╭──
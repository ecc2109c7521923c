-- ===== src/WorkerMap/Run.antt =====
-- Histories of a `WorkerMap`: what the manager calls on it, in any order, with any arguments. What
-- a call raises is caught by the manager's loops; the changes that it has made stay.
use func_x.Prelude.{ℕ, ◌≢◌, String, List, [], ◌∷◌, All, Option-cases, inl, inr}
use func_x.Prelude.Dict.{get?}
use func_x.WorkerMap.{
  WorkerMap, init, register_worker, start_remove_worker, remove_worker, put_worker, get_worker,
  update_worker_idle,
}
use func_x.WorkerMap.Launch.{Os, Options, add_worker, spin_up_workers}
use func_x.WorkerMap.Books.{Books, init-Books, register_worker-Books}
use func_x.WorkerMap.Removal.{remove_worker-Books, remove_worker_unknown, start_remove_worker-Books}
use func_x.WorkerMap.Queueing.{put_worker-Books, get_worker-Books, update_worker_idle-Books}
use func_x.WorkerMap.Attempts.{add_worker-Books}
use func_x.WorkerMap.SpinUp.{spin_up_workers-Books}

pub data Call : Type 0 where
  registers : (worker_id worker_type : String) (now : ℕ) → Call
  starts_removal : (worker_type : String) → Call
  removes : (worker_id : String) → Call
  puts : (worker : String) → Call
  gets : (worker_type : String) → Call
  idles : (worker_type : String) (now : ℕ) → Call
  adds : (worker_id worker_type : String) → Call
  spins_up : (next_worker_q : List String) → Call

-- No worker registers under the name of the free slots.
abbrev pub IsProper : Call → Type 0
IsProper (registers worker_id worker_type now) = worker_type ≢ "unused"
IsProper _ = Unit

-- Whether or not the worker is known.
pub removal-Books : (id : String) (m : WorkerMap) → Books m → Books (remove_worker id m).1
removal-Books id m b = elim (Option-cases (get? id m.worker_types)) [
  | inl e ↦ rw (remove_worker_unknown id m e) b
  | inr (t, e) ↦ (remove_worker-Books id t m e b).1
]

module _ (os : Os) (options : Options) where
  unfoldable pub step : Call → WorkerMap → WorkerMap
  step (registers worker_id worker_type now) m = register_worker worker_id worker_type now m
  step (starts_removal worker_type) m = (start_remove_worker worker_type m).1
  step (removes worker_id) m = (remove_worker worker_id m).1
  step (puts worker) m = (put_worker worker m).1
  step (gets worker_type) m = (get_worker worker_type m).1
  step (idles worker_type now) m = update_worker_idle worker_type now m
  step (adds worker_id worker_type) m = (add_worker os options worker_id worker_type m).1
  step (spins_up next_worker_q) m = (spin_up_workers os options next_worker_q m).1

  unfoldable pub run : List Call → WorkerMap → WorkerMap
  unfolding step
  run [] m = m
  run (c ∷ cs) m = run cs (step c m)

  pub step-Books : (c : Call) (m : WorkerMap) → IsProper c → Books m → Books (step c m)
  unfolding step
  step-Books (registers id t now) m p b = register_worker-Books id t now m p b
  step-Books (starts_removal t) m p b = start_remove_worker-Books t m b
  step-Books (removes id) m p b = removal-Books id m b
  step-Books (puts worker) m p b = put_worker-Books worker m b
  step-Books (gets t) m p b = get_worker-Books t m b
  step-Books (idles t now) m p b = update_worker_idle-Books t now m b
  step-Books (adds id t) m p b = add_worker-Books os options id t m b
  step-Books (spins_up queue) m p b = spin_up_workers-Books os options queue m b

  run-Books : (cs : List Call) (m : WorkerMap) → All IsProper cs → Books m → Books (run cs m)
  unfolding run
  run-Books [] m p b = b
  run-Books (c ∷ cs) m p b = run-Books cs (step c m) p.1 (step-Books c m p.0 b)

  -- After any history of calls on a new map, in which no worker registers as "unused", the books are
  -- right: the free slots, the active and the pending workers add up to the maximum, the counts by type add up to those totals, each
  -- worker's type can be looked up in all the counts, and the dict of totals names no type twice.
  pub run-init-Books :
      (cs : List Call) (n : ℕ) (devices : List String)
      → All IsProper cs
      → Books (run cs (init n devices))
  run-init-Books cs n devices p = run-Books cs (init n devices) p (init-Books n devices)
╰──
(YOUR ASSIGNMENT)
Output the material above exactly, but only from the line that carries "idles : (worker_type" through the line that carries "-- Whether or not the worker is known.".

(ANSWER SECTION)
  idles : (worker_type : String) (now : ℕ) → Call
  adds : (worker_id worker_type : String) → Call
  spins_up : (next_worker_q : List String) → Call

-- No worker registers under the name of the free slots.
abbrev pub IsProper : Call → Type 0
IsProper (registers worker_id worker_type now) = worker_type ≢ "unused"
IsProper _ = Unit

-- Whether or not the worker is known.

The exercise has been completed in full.